The GIFF has subsequently described the Shippers’ Authority’s latest publication of the maximum amounts shippers must pay for specific category of services as a sign of “showmanship” that will not change anything in the industry.

“How can advertising the charges prevent an agent from charging higher? As far as we are concerned shippers will always bargain with agents on charges,” the President of the freight forwarders, Mr Carlos Ahenkora, told the GRAPHIC BUSINESS on October 9.

“Besides, this is a free market and we think shippers should be given that right to negotiate with their individual agents,” he added.
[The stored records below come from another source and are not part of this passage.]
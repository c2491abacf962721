-- ===== src/Members/Ledger.antt =====
-- Counts over what happens to the members of a channel, and over the calls that wait for Redis.
use voices.Common.{
  ℕ, ◌+◌, ◌≤◌, ◌≡◌, ap, some, List, [], ◌∷◌, ◌++◌, Map, lookup, insert, remove, ◌==◌, if◌then◌else◌,
  arith, Bool-cases, inl, inr,
}
use voices.Presence.{ClientInfo}
use voices.Members.{
  Command, write_member, publish_joined, publish_left, delete_member, Effect, wrote, deleted,
  joined, left,
}

-- One, for the client with the id.
abbrev pub hit : ℕ → ClientInfo → ℕ
hit id c = if c.client_id == id then 1 else 0

unfoldable pub count : (Effect → ℕ) → List Effect → ℕ
count w [] = 0
count w (e ∷ es) = w e + count w es

pub count-++ : (w : Effect → ℕ) (xs ys : List Effect) → count w (xs ++ ys) ≡ count w xs + count w ys
unfolding count
count-++ w [] ys = omega arith
count-++ w (x ∷ xs) ys = omega (arith, count-++ w xs ys)

abbrev pub write_of : ℕ → Effect → ℕ
write_of id (wrote c) = hit id c
write_of id _ = 0

abbrev pub deletion_of : ℕ → Effect → ℕ
deletion_of id (deleted c) = hit id c
deletion_of id _ = 0

abbrev pub arrival_of : ℕ → Effect → ℕ
arrival_of id (joined c) = hit id c
arrival_of id _ = 0

abbrev pub departure_of : ℕ → Effect → ℕ
departure_of id (left c) = hit id c
departure_of id _ = 0

-- How often the field of a client was written and deleted, and how often it was published that it
-- joined and left.
abbrev pub writes : ℕ → List Effect → ℕ
writes id = count (write_of id)

abbrev pub deletions : ℕ → List Effect → ℕ
deletions id = count (deletion_of id)

abbrev pub arrivals : ℕ → List Effect → ℕ
arrivals id = count (arrival_of id)

abbrev pub departures : ℕ → List Effect → ℕ
departures id = count (departure_of id)

-- What the calls that wait still add to a count.
abbrev pub to_publish : ℕ → Command → ℕ
to_publish id (write_member c) = 0
to_publish id (publish_joined c) = hit id c
to_publish id (publish_left c) = 0
to_publish id (delete_member c) = 0

abbrev pub to_delete : ℕ → Command → ℕ
to_delete id (write_member c) = 0
to_delete id (publish_joined c) = 0
to_delete id (publish_left c) = 0
to_delete id (delete_member c) = hit id c

module _ (w : Command → ℕ) where
  unfoldable pub total : Map Command → ℕ
  total [] = 0
  total ((k, x) ∷ m) = w x + total m

  total-remove_le : (k : ℕ) (m : Map Command) → total (remove k m) ≤ total m
  unfolding total remove
  total-remove_le k [] = omega arith
  total-remove_le k ((j, x) ∷ m) = ground (arith, total-remove_le k m)

  pub total-remove :
      (k : ℕ) (x : Command) (m : Map Command)
      → lookup k m ≡ some x
      → total (remove k m) + w x ≤ total m
  unfolding total remove lookup
  total-remove k x [] e = cc e
  total-remove k x ((j, y) ∷ m) e = elim (Bool-cases (j == k)) [
    | inl h ↦
        let same : y ≡ x = cc (rw (h) at e) in
        rw (h) (omega (arith, ap w same, total-remove_le k m))
    | inr h ↦ rw (h) (omega (arith, total-remove k x m (rw (h) at e)))
  ]

  pub total-insert : (k : ℕ) (x : Command) (m : Map Command) → total (insert k x m) ≤ total m + w x
  unfolding total insert
  total-insert k x [] = omega arith
  total-insert k x ((j, y) ∷ m) = ground (arith, total-insert k x m)
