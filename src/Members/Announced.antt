-- ===== src/Members/Announced.antt =====
-- server/gateway/src/server/channels/state/distributed.rs: the order of the two commands of a call.
use voices.Common.{
  ℕ, ◌+◌, ◌≤◌, ◌≡◌, refl, ap, Bool, true, false, Option, none, some, List, [], ◌∷◌, lookup, insert,
  remove, arith,
}
use voices.Presence.{ClientInfo, LocallyPresent}
use voices.Presence
use voices.Members.Ledger.{
  count, count-++, write_of, deletion_of, arrival_of, departure_of, writes, deletions, arrivals,
  departures, to_publish, to_delete, total, total-remove, total-insert,
}
use voices.Members.{
  write_member, publish_joined, publish_left, delete_member, Command, Shared, Outcome, answered,
  refused, unanswered, Effect, wrote, deleted, joined, left, failed, closed, join_local, join_in,
  join, closed_if, leave_hash, leave_in, leave, told, proceed, settle, proceed_with, Step,
  open_room, joins, refreshes, leaves, proceeds, step, run, nobody,
}

-- A step adds no deletion without a departure, and no arrival without a write, counting what waits.
abbrev Keeps : ℕ → Shared → Shared × List Effect → Type 0
Keeps id s (s', out) =
    (deletions id out + total (to_delete id) s'.calls
      ≤ departures id out + total (to_delete id) s.calls)
    × (arrivals id out + total (to_publish id) s'.calls
        ≤ writes id out + total (to_publish id) s.calls)

module _ (id : ℕ) where
  insert-Keeps :
      (call : ℕ) (x : Command) (s s' : Shared) (out : List Effect)
      → s'.calls ≡ insert call x s.calls
      → deletions id out + to_delete id x ≤ departures id out
      → arrivals id out + to_publish id x ≤ writes id out
      → Keeps id s (s', out)
  insert-Keeps call x s s' out e d a = (
    omega (arith, ap (total (to_delete id)) e, total-insert (to_delete id) call x s.calls),
    omega (arith, ap (total (to_publish id)) e, total-insert (to_publish id) call x s.calls),
  )

  remove-Keeps :
      (call : ℕ) (x : Command) (s s' : Shared) (out : List Effect)
      → lookup call s.calls ≡ some x
      → s'.calls ≡ remove call s.calls
      → deletions id out ≤ departures id out + to_delete id x
      → arrivals id out ≤ writes id out + to_publish id x
      → Keeps id s (s', out)
  remove-Keeps call x s s' out at e d a = (
    omega (arith, ap (total (to_delete id)) e, total-remove (to_delete id) call x s.calls at),
    omega (arith, ap (total (to_publish id)) e, total-remove (to_publish id) call x s.calls at),
  )

  join_in-Keeps :
      (call room : ℕ) (c : ClientInfo) (s : Shared) (o : Option LocallyPresent)
      → Keeps id s (join_in call room c s o)
  unfolding count
  join_in-Keeps call room c s none = (omega arith, omega arith)
  join_in-Keeps call room c s (some p) = local (Presence.join c p)
    where
      local : (x : Bool × LocallyPresent) → Keeps id s (join_local call room c s x)
      local (false, p) = (omega arith, omega arith)
      local (true, p) =
          insert-Keeps call (write_member c) s
            (record s {
              rooms = insert room p s.rooms;
              calls = insert call (write_member c) s.calls;
            })
            [] refl (omega arith) (omega arith)

  leave_in-Keeps :
      (call room : ℕ) (c : ClientInfo) (s : Shared) (o : Option LocallyPresent)
      → Keeps id s (leave_in call room c s o)
  unfolding count
  leave_in-Keeps call room c s none =
      insert-Keeps call (publish_left c) s (leave_hash call c s) [] refl (omega arith) (omega arith)
  leave_in-Keeps call room c s (some p) = last-Keeps (Presence.leave c.client_id p)
    where
      last-Keeps :
          (x : Bool × LocallyPresent)
          → Keeps id s
              (leave_hash call c (record s { rooms = insert room x.1 s.rooms }), closed_if x.0 room)
      last-Keeps (false, p') =
          insert-Keeps call (publish_left c) s
            (leave_hash call c (record s { rooms = insert room p' s.rooms })) [] refl (omega arith)
            (omega arith)
      last-Keeps (true, p') =
          insert-Keeps call (publish_left c) s
            (leave_hash call c (record s { rooms = insert room p' s.rooms })) (closed room ∷ [])
            refl (omega arith) (omega arith)

  settle-Keeps :
      (call now : ℕ) (x : Command) (r : Outcome) (s : Shared)
      → lookup call s.calls ≡ some x
      → Keeps id s (settle call now x r s)
  unfolding settle told proceed count
  settle-Keeps call now (write_member c) answered s at =
      insert-Keeps call (publish_joined c) s (settle call now (write_member c) answered s).0
        (wrote c ∷ []) refl (omega arith) (omega arith)
  settle-Keeps call now (publish_left c) answered s at =
      insert-Keeps call (delete_member c) s (settle call now (publish_left c) answered s).0
        (left c ∷ []) refl (omega arith) (omega arith)
  settle-Keeps call now (publish_joined c) answered s at =
      remove-Keeps call (publish_joined c) s (settle call now (publish_joined c) answered s).0
        (joined c ∷ []) at refl (omega arith) (omega arith)
  settle-Keeps call now (delete_member c) answered s at =
      remove-Keeps call (delete_member c) s (settle call now (delete_member c) answered s).0
        (deleted c ∷ []) at refl (omega arith) (omega arith)
  settle-Keeps call now x refused s at =
      remove-Keeps call x s (settle call now x refused s).0 (failed call ∷ []) at refl (omega arith)
        (omega arith)
  settle-Keeps call now (write_member c) unanswered s at =
      remove-Keeps call (write_member c) s (settle call now (write_member c) unanswered s).0
        (wrote c ∷ failed call ∷ []) at refl (omega arith) (omega arith)
  settle-Keeps call now (publish_left c) unanswered s at =
      remove-Keeps call (publish_left c) s (settle call now (publish_left c) unanswered s).0
        (left c ∷ failed call ∷ []) at refl (omega arith) (omega arith)
  settle-Keeps call now (publish_joined c) unanswered s at =
      remove-Keeps call (publish_joined c) s (settle call now (publish_joined c) unanswered s).0
        (joined c ∷ failed call ∷ []) at refl (omega arith) (omega arith)
  settle-Keeps call now (delete_member c) unanswered s at =
      remove-Keeps call (delete_member c) s (settle call now (delete_member c) unanswered s).0
        (deleted c ∷ failed call ∷ []) at refl (omega arith) (omega arith)

  proceed_with-Keeps :
      (call now : ℕ) (r : Outcome) (s : Shared) (o : Option Command)
      → lookup call s.calls ≡ o
      → Keeps id s (proceed_with call now r s o)
  unfolding count
  proceed_with-Keeps call now r s none e = (omega arith, omega arith)
  proceed_with-Keeps call now r s (some x) e = settle-Keeps call now x r s e

  step-Keeps : (s : Shared) (x : Step) → Keeps id s (step s x)
  unfolding step join leave count
  step-Keeps s (open_room room) = (omega arith, omega arith)
  step-Keeps s (joins call room c) = join_in-Keeps call room c s (lookup room s.rooms)
  step-Keeps s (refreshes now j true) = (omega arith, omega arith)
  step-Keeps s (refreshes now j false) = (omega arith, omega arith)
  step-Keeps s (leaves call room c) = leave_in-Keeps call room c s (lookup room s.rooms)
  step-Keeps s (proceeds call now r) = proceed_with-Keeps call now r s (lookup call s.calls) refl

run-Keeps : (id : ℕ) (s : Shared) (xs : List Step) → Keeps id s (run s xs)
unfolding run count
run-Keeps id s [] = (omega arith, omega arith)
run-Keeps id s (x ∷ xs) =
    let out : List Effect = (step s x).1 in
    let outs : List Effect = (run (step s x).0 xs).1 in
    let (d, a) = step-Keeps id s x in
    let (ds, as') = run-Keeps id (step s x).0 xs in
    (
      omega (arith, d, ds, count-++ (deletion_of id) out outs, count-++ (departure_of id) out outs),
      omega (arith, a, as', count-++ (arrival_of id) out outs, count-++ (write_of id) out outs),
    )

-- No field of a client is deleted without its leave having been published, and its join is not
-- published without its field having been written.
pub run-announces :
    (id : ℕ) (xs : List Step)
    → (deletions id (run nobody xs).1 ≤ departures id (run nobody xs).1)
      × (arrivals id (run nobody xs).1 ≤ writes id (run nobody xs).1)
unfolding total
run-announces id xs = let (d, a) = run-Keeps id nobody xs in (omega (arith, d), omega (arith, a))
The Shippers Authority last year secured a legislative instrument, the GSA Regulation 2012, (LI 21900), which makes it possible for the authority to negotiate with the umbrella bodies of the clearing agents and freight forwarders on the charges that should be levied for each category of service rendered.

The authority, acting under that regulation, concluded the said negotiations early this year and subsequently published the agreed rates. The Chief Executive Officer of the GSA, Dr Kofi Mbiah, explained in an interview that the said publication was to help serve as a guide to shippers on the maximum amounts they should pay.

“The negotiations made it quite clear that there are maximums to be charged and that is what we are telling shippers,” he said. While admitting that individual negotiations between shippers and agents sometimes lead to lower charges, Dr Mbiah said such low fees were mostly enjoyed by big shippers that had the clout to influence the decisions arrived at.

“But there are many more shippers that don’t have that clout and the possibility is that they will always be charged higher than is normal.” “That is what we are concern about,” Dr Mbiah added.

The LI 21900 forces agents and freight forwarders that charge higher than agreed to refund the excesses and Dr Mbiah said his outfit would liaise with the individual shippers to ensure that the LI was followed to the letter. He, however, called on the shipping community to be conversant with the various approved rates so as not to be overcharged.